Her ID badge was deactivated, her termination letter was produced, and she was publicly escorted out by security, her co-workers staring. Dr. Nabil later filed a formal police report.
That afternoon, police arrested Marisol at her staff housing. At the station, she tried to call Fahad, but Maha, holding his phone, watched the calls ring out.
Fahad finally called when his lawyer secured Marisol’s anonymous bail. He confessed everything: Maha’s surveillance, the orchestrated accusation, and her threat to charge Marisol with adultery if he intervened.
“I stayed silent because I was scared,” he admitted.
Marisol hung up, realizing: “I wasn’t your wife. I was your hiding place.”
The Fatal Confrontation
For three weeks, Marisol’s life collapsed. She was jobless, stateless (passport confiscated), avoided by friends, and abandoned by her husband.
On the night of June 14th, Fahad texted from a burner phone, begging to meet “one last time” at the Salmia apartment. Marisol went, desperate to hear him confirm his cowardice.

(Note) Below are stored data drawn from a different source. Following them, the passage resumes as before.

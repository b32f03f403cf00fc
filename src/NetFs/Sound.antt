-- ===== src/NetFs/Sound.antt =====
-- The operations of `NetFS` in client_src/netfs.cpp that use the cache, and its invariant.
use net_fs.Prelude.{
  ℕ, List, Option, ◌==◌, leb, ltb, length, ◌+◌, if◌then◌else◌, Result, ok, >>=-eq-ok, ◌≡◌, refl, ap,
  subst, Bool-cases, Option-cases, inl, inr,
}
use net_fs.Time.{FileTime, file_time_ne}
use net_fs.Msg
use net_fs.Cache.State.{FileAttr, Cache}
use net_fs.Cache.Ops
use net_fs.Cache.Ops.{is_stale, get_file_time, invalidate}
use net_fs.Cache.Flush
use net_fs.Cache.Flush.{evict_blocks, flush_dirty_blocks}
use net_fs.Cache.Sound.{IsSound, assert-eq-ok, same_result}
use net_fs.Cache.SoundOps.{invalidate-IsSound}
use net_fs.Cache.SoundCalls.{read-IsSound, write-IsSound, truncate-IsSound}
use net_fs.Cache.SoundFlush.{flush-IsSound, flush_dirty_blocks-IsSound, evict_blocks-IsSound}
use net_fs.NetFs.State.{Peer, NetFs, exchange, as_access}
use net_fs.NetFs.Remote.{do_read_attr, callbacks}
use net_fs.NetFs.Ops.{
  with_cache, drop_if_changed, access, stat, evict, read, count_write, write, truncate, flush,
}

abbrev pub SoundFs : {P : Type 0} → NetFs P → Type 0
SoundFs fs = IsSound fs.cache

pub same_fs :
    {P : Type 0} {code code' : ℕ} {fs fs' : NetFs P}
    → ◌≡◌ {A = Result (ℕ × NetFs P)} (ok (code, fs)) (ok (code', fs'))
    → SoundFs fs
    → SoundFs fs'
same_fs {P} {code} {code'} {fs} {fs'} h sound =
    subst (λ (n : NetFs P). SoundFs n)
      (ap (λ (t : ℕ × NetFs P). t.1) (same_result {A = ℕ × NetFs P} {r = ok (code, fs)} refl h))
      sound

pub same_fs_with :
    {P A : Type 0} {code code' : ℕ} {a a' : A} {fs fs' : NetFs P}
    → ◌≡◌ {A = Result (ℕ × A × NetFs P)} (ok (code, a, fs)) (ok (code', a', fs'))
    → SoundFs fs
    → SoundFs fs'
same_fs_with {P} {A} {code} {code'} {a} {a'} {fs} {fs'} h sound =
    subst (λ (n : NetFs P). SoundFs n)
      (ap (λ (t : ℕ × A × NetFs P). t.2)
        (same_result {A = ℕ × A × NetFs P} {r = ok (code, a, fs)} refl h))
      sound

pub same_cache : {c c' : Cache} → ◌≡◌ {A = Result Cache} (ok c) (ok c') → IsSound c → IsSound c'
same_cache {c} {c'} h sound = subst IsSound (same_result {r = ok c} refl h) sound

drop_if_changed-IsSound :
    (f : List ℕ) (time : FileTime) (c c' : Cache)
    → IsSound c
    → drop_if_changed f time c ≡ ok c'
    → IsSound c'
unfolding drop_if_changed
drop_if_changed-IsSound f time c c' sound h = elim (Bool-cases (is_stale f c)) [
  | inl stale ↦ invalidate-IsSound f c c' sound (rw stale at h)
  | inr fresh ↦ elim (Option-cases (get_file_time f c)) [
    | inl miss ↦ same_cache (rw (fresh, drop_if_changed, miss) at h) sound
    | inr (cached, there) ↦ elim (Bool-cases (file_time_ne cached time)) [
      | inl differ ↦
          invalidate-IsSound f c c' sound (rw (fresh, drop_if_changed, there, differ) at h)
      | inr same ↦ same_cache (rw (fresh, drop_if_changed, there, same) at h) sound
    ]
  ]
]

module _ {P : Type 0} (peer : Peer P) where
  pub access-SoundFs :
      (f : List ℕ) (fs fs' : NetFs P) (code : ℕ)
      → SoundFs fs
      → access peer f fs ≡ ok (code, fs')
      → SoundFs fs'
  unfolding access
  access-SoundFs f fs fs' code sound h =
      let ((id, resp, link), _, h₁) =
        >>=-eq-ok (exchange peer (λ id. Msg.access (record { id = id; filename = f })) fs.link) _
          h in
      let (r, _, h₂) = >>=-eq-ok (as_access resp) _ h₁ in
      let (_, h₃) = assert-eq-ok (r.id == id) _ h₂ in
      let (c', run, h₄) =
        >>=-eq-ok
          (if r.error == 0 then drop_if_changed f r.time fs.cache else invalidate f fs.cache) _
          h₃ in
      same_fs h₄ (elim (Bool-cases (r.error == 0)) [
        | inl done ↦ drop_if_changed-IsSound f r.time fs.cache c' sound (rw done at run)
        | inr failed ↦ invalidate-IsSound f fs.cache c' sound (rw failed at run)
      ])

  pub stat-SoundFs :
      (f : List ℕ) (fs fs' : NetFs P) (code : ℕ) {found : Option FileAttr}
      → SoundFs fs
      → stat peer f fs ≡ ok (code, found, fs')
      → SoundFs fs'
  unfolding stat
  stat-SoundFs f fs fs' code sound h =
      let ((code₁, attr, link), _, h₁) = >>=-eq-ok (do_read_attr peer f fs.link) _ h in
      elim (Bool-cases (code₁ == 0)) [
        | inl done ↦
            let (c', run, h₂) =
              >>=-eq-ok (drop_if_changed f attr.time fs.cache) _ (rw done at h₁) in
            same_fs_with h₂ (drop_if_changed-IsSound f attr.time fs.cache c' sound run)
        | inr failed ↦
            let (c', run, h₂) = >>=-eq-ok (invalidate f fs.cache) _ (rw failed at h₁) in
            same_fs_with h₂ (invalidate-IsSound f fs.cache c' sound run)
      ]

  evict-SoundFs :
      (fs fs' : NetFs P) (code : ℕ) → SoundFs fs → evict peer fs ≡ ok (code, fs') → SoundFs fs'
  unfolding evict
  evict-SoundFs fs fs' code sound h =
      elim (Bool-cases (ltb fs.max_cache_entry (length fs.cache.recent_list))) [
        | inl full ↦
            let ((code₁, c', link), run, h₁) =
              >>=-eq-ok (evict_blocks (callbacks peer) fs.evict_count fs.cache fs.link) _
                (rw full at h) in
            same_fs h₁ (
              evict_blocks-IsSound (callbacks peer) fs.evict_count fs.cache c' fs.link link code₁
                sound run)
        | inr room ↦ same_fs (rw room at h) sound
      ]

  pub read-SoundFs :
      (f : List ℕ) (offset size : ℕ) (fs fs' : NetFs P) (code : ℕ) {bytes : List ℕ}
      → SoundFs fs
      → read peer f offset size fs ≡ ok (code, bytes, fs')
      → SoundFs fs'
  unfolding read
  read-SoundFs f offset size fs fs' code sound h =
      let ((code₁, given, c₁, link), run, h₁) =
        >>=-eq-ok (Ops.read (callbacks peer) f offset size fs.cache fs.link) _ h in
      let sound₁ =
        read-IsSound (callbacks peer) f offset size fs.cache c₁ fs.link link code₁ given sound
          run in
      elim (Bool-cases (code₁ == 0)) [
        | inl done ↦
            let ((code₂, fs₂), run₂, h₂) =
              >>=-eq-ok (evict peer (with_cache fs c₁ link)) _ (rw done at h₁) in
            same_fs_with h₂ (evict-SoundFs (with_cache fs c₁ link) fs₂ code₂ sound₁ run₂)
        | inr failed ↦ same_fs_with (rw failed at h₁) sound₁
      ]

  count_write-SoundFs : (fs fs' : NetFs P) → SoundFs fs → count_write peer fs ≡ ok fs' → SoundFs fs'
  unfolding count_write
  count_write-SoundFs fs fs' sound h =
      elim (Bool-cases (leb fs.flush_interval (fs.write_op_count + 1))) [
        | inl due ↦
            let ((code, c', link), run, h₁) =
              >>=-eq-ok (flush_dirty_blocks (callbacks peer) fs.cache fs.link) _ (rw due at h) in
            subst (λ (n : NetFs P). SoundFs n)
              (same_result {r = ok (with_cache (record fs { write_op_count = 0 }) c' link)} refl h₁)
              (flush_dirty_blocks-IsSound (callbacks peer) fs.cache c' fs.link link code sound run)
        | inr early ↦
            subst (λ (n : NetFs P). SoundFs n)
              (same_result {r = ok (record fs { write_op_count = fs.write_op_count + 1 })} refl
                (rw early at h))
              sound
      ]

  pub write-SoundFs :
      (f : List ℕ) (offset : ℕ) (buf : List ℕ) (fs fs' : NetFs P) (code : ℕ)
      → SoundFs fs
      → write peer f offset buf fs ≡ ok (code, fs')
      → SoundFs fs'
  unfolding write
  write-SoundFs f offset buf fs fs' code sound h =
      let ((code₁, c₁, link), run, h₁) =
        >>=-eq-ok (Ops.write (callbacks peer) f offset buf fs.cache fs.link) _ h in
      let sound₁ =
        write-IsSound (callbacks peer) f offset buf fs.cache c₁ fs.link link code₁ sound run in
      elim (Bool-cases (code₁ == 0)) [
        | inr failed ↦ same_fs (rw failed at h₁) sound₁
        | inl done ↦
            let ((code₂, fs₂), run₂, h₂) =
              >>=-eq-ok (evict peer (with_cache fs c₁ link)) _ (rw done at h₁) in
            let sound₂ = evict-SoundFs (with_cache fs c₁ link) fs₂ code₂ sound₁ run₂ in
            elim (Bool-cases (code₂ == 0)) [
              | inr failed ↦ same_fs (rw failed at h₂) sound₂
              | inl done' ↦
                  let (fs₃, run₃, h₃) = >>=-eq-ok (count_write peer fs₂) _ (rw done' at h₂) in
                  same_fs h₃ (count_write-SoundFs fs₂ fs₃ sound₂ run₃)
            ]
      ]

  pub truncate-SoundFs :
      (f : List ℕ) (size : ℕ) (fs fs' : NetFs P) (code : ℕ)
      → SoundFs fs
      → truncate peer f size fs ≡ ok (code, fs')
      → SoundFs fs'
  unfolding truncate
  truncate-SoundFs f size fs fs' code sound h =
      let ((code₁, c', link), run, h₁) =
        >>=-eq-ok (Ops.truncate (callbacks peer) f size fs.cache fs.link) _ h in
      same_fs h₁ (truncate-IsSound (callbacks peer) f size fs.cache c' fs.link link code₁ sound run)

  pub flush-SoundFs :
      (f : List ℕ) (fs fs' : NetFs P) (code : ℕ)
      → SoundFs fs
      → flush peer f fs ≡ ok (code, fs')
      → SoundFs fs'
  unfolding flush
  flush-SoundFs f fs fs' code sound h =
      let ((code₁, c', link), run, h₁) =
        >>=-eq-ok (Flush.flush (callbacks peer) f fs.cache fs.link) _ h in
      same_fs h₁ (flush-IsSound (callbacks peer) f fs.cache c' fs.link link code₁ sound run)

The confrontation was explosive. She accused him of protecting himself; he begged her to understand his position. When he reached for her, trying to physically restrain her, her three weeks of suppressed rage erupted.
She grabbed the heavy marble mortar and pestle from the kitchen counter. She swung. The first strike hit his temple. He staggered. Her brain screamed to stop, but her body continued the fight.
She swung again, and he fell. She swung a final time. The apartment fell silent.
When police arrived at 4:15 AM, they found Marisol, too exhausted to lie, sitting beside Fahad Al-Saba’s body.
The Final Injustice
The trial proved complicated. Maha’s connections removed the marriage contract and wiped the videos, but a letter Fahad had entrusted to his lawyer—dated March 20th, 2021—was filed after his de@th: “If something happens to me, please help Marisol. She deserves better than this.”
The case shifted. Marisol was convicted of Manslaughter and sentenced to 12 years.
Maha was never charged; her father’s influence ensured no direct involvement was proven. The woman who meticulously orchestrated the destruction walked free, having lost nothing but a husband she did not love.
Marisol, who had only ever sought stability, sits in a cell counting the days until she can go home. The ultimate crime was not the final blow, but the calculated, surgical application of power that destroyed her life entirely.